[Collected data]
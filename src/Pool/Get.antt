-- ===== src/Pool/Get.antt =====
-- src/pool/mod.rs: `get_connection` and the methods of `Pool` that call it. One pass of its loop is
-- `get_round`; between two passes it waits, and other threads may change the pool.
use netconnpool_rust.Base.{
  ℕ, ◌-◌, Bool, true, false, ◌&&◌, Option, none, some, List, [], ◌∷◌, ok, err, ltb, ◌==◌, length,
  update, if◌then◌else◌,
}
use netconnpool_rust.Config.{tcp, udp}
use netconnpool_rust.Connection
use netconnpool_rust.Connection.{Connection}
use netconnpool_rust.Errors.{
  Result, pool_closed, get_connection_timeout, pool_exhausted, max_connections_reached,
}
use netconnpool_rust.IpVersion.{IpVersion}
use netconnpool_rust.Net.{Moment}
use netconnpool_rust.Protocol
use netconnpool_rust.Protocol.{Protocol}
use netconnpool_rust.SegQueue.{SegQueue}
use netconnpool_rust.Stats
use netconnpool_rust.Udp.{clear_udp_read_buffer}
use netconnpool_rust.Pool.State.{
  PoolInner, on_borrow, set_conn, count, log, fetch_add, fetch_sub, get_target_buckets,
  is_connection_valid_for_borrow, update_stats_on_idle_pop, update_stats_on_get_success,
}
use netconnpool_rust.Pool.Remove.{remove_connection}
use netconnpool_rust.Pool.Idle.{PooledConnection}
use netconnpool_rust.Pool.Create.{create_connection}

-- How a pass ends: the call returns, or it waits on the condition variable.
pub data Round : Type 0 where
  done : Result PooledConnection → Round
  waits : Round

-- What `clear_udp_read_buffer` leaves of the connection's socket; its result is thrown away.
unfoldable pub clear_socket : Moment → (timeout max_packets : ℕ) → Connection → Connection
clear_socket m timeout max_packets c = elim c.conn [
  | tcp _ ↦ c
  | udp s ↦ record c { conn = udp (clear_udp_read_buffer m.clear_elapsed s timeout max_packets).0 }
]

-- What comes between two passes: the other threads' work, and then the clocks.
pub record Turn (Queue : Type 0) : Type 0 where
  pub others : PoolInner Queue → PoolInner Queue
  pub moment : Moment

module _ {Queue : Type 0} where
  unfoldable pub clear_buffer : Moment → ℕ → PoolInner Queue → PoolInner Queue
  clear_buffer m r p =
      let c = p.store r in
      if p.config.clear_udp_buffer_on_return && Protocol.eq c.protocol Protocol.udp
      then set_conn r
          (clear_socket m p.config.udp_buffer_clear_timeout p.config.max_buffer_clear_packets c) p
      else p

  call_on_borrow : ℕ → PoolInner Queue → PoolInner Queue
  call_on_borrow r p = elim p.config.on_borrow [ none ↦ p | some _ ↦ log (on_borrow r) p ]

  -- From `mark_in_use` to the return, for a reused connection and for a new one.
  unfoldable pub lend :
      Moment → (start : ℕ) → (is_reused : Bool) → ℕ → PoolInner Queue → PoolInner Queue
  unfolding call_on_borrow
  lend m start is_reused r p =
      let marked = Connection.mark_in_use m (p.store r) in
      let c = if is_reused then Connection.increment_reuse_count marked else marked in
      count (update_stats_on_get_success is_reused (m.instant - start))
        (call_on_borrow r (record (set_conn r c p) { active_count = fetch_add p.active_count }))

module _ {Queue : Type 0} ⦃sq : SegQueue ℕ Queue⦄ where
  -- What follows a successful `pop`: the counters.
  unfoldable pub take_idle : (idx r : ℕ) → Queue → PoolInner Queue → PoolInner Queue
  take_idle idx r rest p = count (update_stats_on_idle_pop (p.store r)) (record p {
    idle_connections = update p.idle_connections idx rest;
    idle_counts = update p.idle_counts idx (fetch_sub (p.idle_counts idx));
  })

  -- The loop over the buckets: the first idle connection that is fit to lend.
  unfoldable pub borrow_idle :
      Moment → (start : ℕ) → List ℕ → PoolInner Queue → PoolInner Queue × Option ℕ
  borrow_idle m start [] p = (p, none)
  borrow_idle m start (idx ∷ indices) p = elim (sq.pop (p.idle_connections idx)) [
    | none ↦ borrow_idle m start indices p
    | some (r, rest) ↦
        let taken = take_idle idx r rest p in
        elim (is_connection_valid_for_borrow m (taken.store r) taken) [
          | true ↦ (lend m start true r (clear_buffer m r taken), some r)
          | false ↦ borrow_idle m start indices (remove_connection m r taken)
        ]
  ]

  -- What the loop does with the answer of `create_connection`.
  unfoldable pub after_create :
      Moment → (start timeout : ℕ) → PoolInner Queue × Result ℕ → PoolInner Queue × Round
  after_create m start timeout (p, ok r) = (lend m start false r p, done (ok (record { conn = r })))
  after_create m start timeout (p, err (max_connections_reached _ _)) =
      if timeout == 0
      then (p, done (err (pool_exhausted (length p.all_connections) p.config.max_connections)))
      else (p, waits)
  after_create m start timeout (p, err e) = (
    count (λ s. Stats.increment_connection_errors (Stats.increment_failed_gets s)) p,
    done (err e),
  )

  -- What follows the loop over the buckets.
  unfoldable pub after_borrow :
      Moment
      → (start timeout : ℕ) → Option Protocol
      → Option IpVersion
      → PoolInner Queue × Option ℕ
      → PoolInner Queue × Round
  after_borrow m start timeout protocol ip_version (p, some r) =
      (p, done (ok (record { conn = r })))
  after_borrow m start timeout protocol ip_version (p, none) =
      after_create m start timeout (create_connection m protocol ip_version p)

  -- One pass of the loop of `get_connection`, for a call that began at `start`.
  unfoldable pub get_round :
      Moment
      → (start timeout : ℕ) → Option Protocol
      → Option IpVersion
      → PoolInner Queue
      → PoolInner Queue × Round
  get_round m start timeout protocol ip_version p =
      let searched =
        after_borrow m start timeout protocol ip_version
          (borrow_idle m start (get_target_buckets protocol ip_version) p) in
      if p.closed
      then (p, done (err pool_closed))
      else if ltb timeout (m.instant - start)
      then (
        count (λ s. Stats.increment_timeout_gets (Stats.increment_failed_gets s)) p,
        done (err (get_connection_timeout timeout (m.instant - start))),
      )
      else searched

  -- The passes over the turns that the environment gives; `none` if the call still waits then.
  unfoldable pub get_loop :
      (start timeout : ℕ)
      → Option Protocol
      → Option IpVersion
      → List (Turn Queue)
      → PoolInner Queue
      → PoolInner Queue × Option (Result PooledConnection)
  get_loop start timeout protocol ip_version [] p = (p, none)
  get_loop start timeout protocol ip_version (turn ∷ turns) p =
      let (q, round) = get_round turn.moment start timeout protocol ip_version (turn.others p) in
      elim round [
        | done r ↦ (q, some r)
        | waits ↦ get_loop start timeout protocol ip_version turns q
      ]

  -- `PoolInner::get_connection`.
  unfoldable pub get_connection :
      (start : ℕ)
      → Option Protocol
      → Option IpVersion
      → (timeout : ℕ) → List (Turn Queue)
      → PoolInner Queue
      → PoolInner Queue × Option (Result PooledConnection)
  get_connection start protocol ip_version timeout turns p =
      let rest =
        get_loop start timeout protocol ip_version turns
          (count Stats.increment_total_get_requests p) in
      if p.closed then (p, some (err pool_closed)) else rest

  -- The methods of `Pool`.
  unfoldable pub get_with_timeout :
      (start timeout : ℕ)
      → List (Turn Queue)
      → PoolInner Queue
      → PoolInner Queue × Option (Result PooledConnection)
  get_with_timeout start timeout = get_connection start none none timeout

  unfoldable pub get_with_protocol :
      (start : ℕ)
      → Protocol
      → (timeout : ℕ) → List (Turn Queue)
      → PoolInner Queue
      → PoolInner Queue × Option (Result PooledConnection)
  get_with_protocol start protocol timeout = get_connection start (some protocol) none timeout

  unfoldable pub get_with_ip_version :
      (start : ℕ)
      → IpVersion
      → (timeout : ℕ) → List (Turn Queue)
      → PoolInner Queue
      → PoolInner Queue × Option (Result PooledConnection)
  get_with_ip_version start ip_version timeout = get_connection start none (some ip_version) timeout

  unfoldable pub get :
      (start : ℕ)
      → List (Turn Queue)
      → PoolInner Queue
      → PoolInner Queue × Option (Result PooledConnection)
  get start turns p = get_with_timeout start p.config.get_connection_timeout turns p

  unfoldable pub try_get :
      (start : ℕ)
      → List (Turn Queue)
      → PoolInner Queue
      → PoolInner Queue × Option (Result PooledConnection)
  try_get start = get_with_timeout start 0

  unfoldable pub acquire :
      (start : ℕ)
      → List (Turn Queue)
      → PoolInner Queue
      → PoolInner Queue × Option (Result PooledConnection)
  acquire = get

  unfoldable pub get_ipv4 :
      (start : ℕ)
      → List (Turn Queue)
      → PoolInner Queue
      → PoolInner Queue × Option (Result PooledConnection)
  get_ipv4 start turns p =
      get_with_ip_version start IpVersion.ipv4 p.config.get_connection_timeout turns p

  unfoldable pub get_ipv6 :
      (start : ℕ)
      → List (Turn Queue)
      → PoolInner Queue
      → PoolInner Queue × Option (Result PooledConnection)
  get_ipv6 start turns p =
      get_with_ip_version start IpVersion.ipv6 p.config.get_connection_timeout turns p

  unfoldable pub get_tcp :
      (start : ℕ)
      → List (Turn Queue)
      → PoolInner Queue
      → PoolInner Queue × Option (Result PooledConnection)
  get_tcp start turns p =
      get_with_protocol start Protocol.tcp p.config.get_connection_timeout turns p

  unfoldable pub get_udp :
      (start : ℕ)
      → List (Turn Queue)
      → PoolInner Queue
      → PoolInner Queue × Option (Result PooledConnection)
  get_udp start turns p =
      get_with_protocol start Protocol.udp p.config.get_connection_timeout turns p
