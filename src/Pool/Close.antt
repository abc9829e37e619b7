-- ===== src/Pool/Close.antt =====
-- src/pool/mod.rs: `close`.
use netconnpool_rust.Base.{
  ℕ, zero, suc, ◌+◌, true, false, none, some, List, [], ◌∷◌, ◌++◌, ltb, ◌==◌, ◌&&◌, length, take,
  is_empty, update, if◌then◌else◌,
}
use netconnpool_rust.Net.{Moment}
use netconnpool_rust.SegQueue.{SegQueue}
use netconnpool_rust.Pool.State.{
  PoolInner, notify_all, count, log, values, update_stats_on_idle_pop,
}
use netconnpool_rust.Pool.Remove.{remove_connection}
use netconnpool_rust.Pool.Cleanup.{remove_all}
use netconnpool_rust.Pool.Get.{Turn}

abbrev batch_size : ℕ
batch_size = 10

module _ {Queue : Type 0} where
  -- `connections.values().take(10).cloned().collect()`.
  unfoldable pub next_batch : PoolInner Queue → List ℕ
  next_batch p = take batch_size (values p.all_connections)

  -- The last loop, batch by batch, on fuel.
  unfoldable pub remove_batches : (fuel : ℕ) → Moment → PoolInner Queue → PoolInner Queue
  remove_batches zero m p = p
  remove_batches (suc fuel) m p =
      let rest = remove_batches fuel m (remove_all m (next_batch p) p) in
      if is_empty (next_batch p) then p else rest

  -- The last part: every connection that is still in the map.
  unfoldable pub close_rest : Moment → PoolInner Queue → PoolInner Queue
  close_rest m p = remove_batches (length p.all_connections + 1) m p

module _ {Queue : Type 0} ⦃sq : SegQueue ℕ Queue⦄ where
  -- `while let Some(conn) = idle.pop()`, on fuel: what was popped, and the queue that is left.
  unfoldable pub drain : (fuel : ℕ) → Queue → List ℕ × Queue
  drain zero q = ([], q)
  drain (suc fuel) q = elim (sq.pop q) [
    | none ↦ ([], q)
    | some (r, rest) ↦ let (refs, left) = drain fuel rest in (r ∷ refs, left)
  ]

  -- The loop over the buckets from `idx` on: `idle_conns`, and the queues and counters emptied.
  unfoldable pub drain_buckets : (buckets idx : ℕ) → PoolInner Queue → List ℕ × PoolInner Queue
  drain_buckets zero idx p = ([], p)
  drain_buckets (suc buckets) idx p =
      let q = p.idle_connections idx in
      let (refs, left) = drain (suc (length (sq.to_list q))) q in
      let (more, emptied) = drain_buckets buckets (idx + 1) (record p {
        idle_connections = update p.idle_connections idx left;
        idle_counts = update p.idle_counts idx 0;
      }) in
      (refs ++ more, emptied)

  unfoldable pub remove_drained : Moment → List ℕ → PoolInner Queue → PoolInner Queue
  remove_drained m [] p = p
  remove_drained m (r ∷ refs) p =
      remove_drained m refs (remove_connection m r (count (update_stats_on_idle_pop (p.store r)) p))

  -- The wait for the active connections, until the deadline; it ends with the turns at the latest.
  unfoldable pub wait_for_active :
      (deadline : ℕ) → List (Turn Queue) → PoolInner Queue → PoolInner Queue
  wait_for_active deadline [] p = p
  wait_for_active deadline (turn ∷ turns) p =
      elim (ltb 0 p.active_count && ltb turn.moment.instant deadline) [
        | true ↦ wait_for_active deadline turns (turn.others p)
        | false ↦ p
      ]

  -- The first part of `close`, where it is the first call: the flag, the wake-up and the idle
  -- connections.
  unfoldable pub close_idle : Moment → PoolInner Queue → PoolInner Queue
  close_idle m p =
      let (idle_conns, drained) = drain_buckets 4 0 (log notify_all (record p { closed = true })) in
      remove_drained m idle_conns drained

  -- `PoolInner::close`, from `first` to `last`.
  unfoldable pub close :
      (first last : Moment) → List (Turn Queue) → PoolInner Queue → PoolInner Queue
  close first last turns p =
      let removed = close_idle first p in
      let budget = p.config.connection_leak_timeout in
      let waited =
        if budget == 0 then removed else wait_for_active (first.instant + budget) turns removed in
      if p.closed then p else close_rest last waited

■ **EXERCISE**:
Number of lines holding "Bool" in the data: give it, with nothing else.

■ **EXPECTED OUTPUT**:
2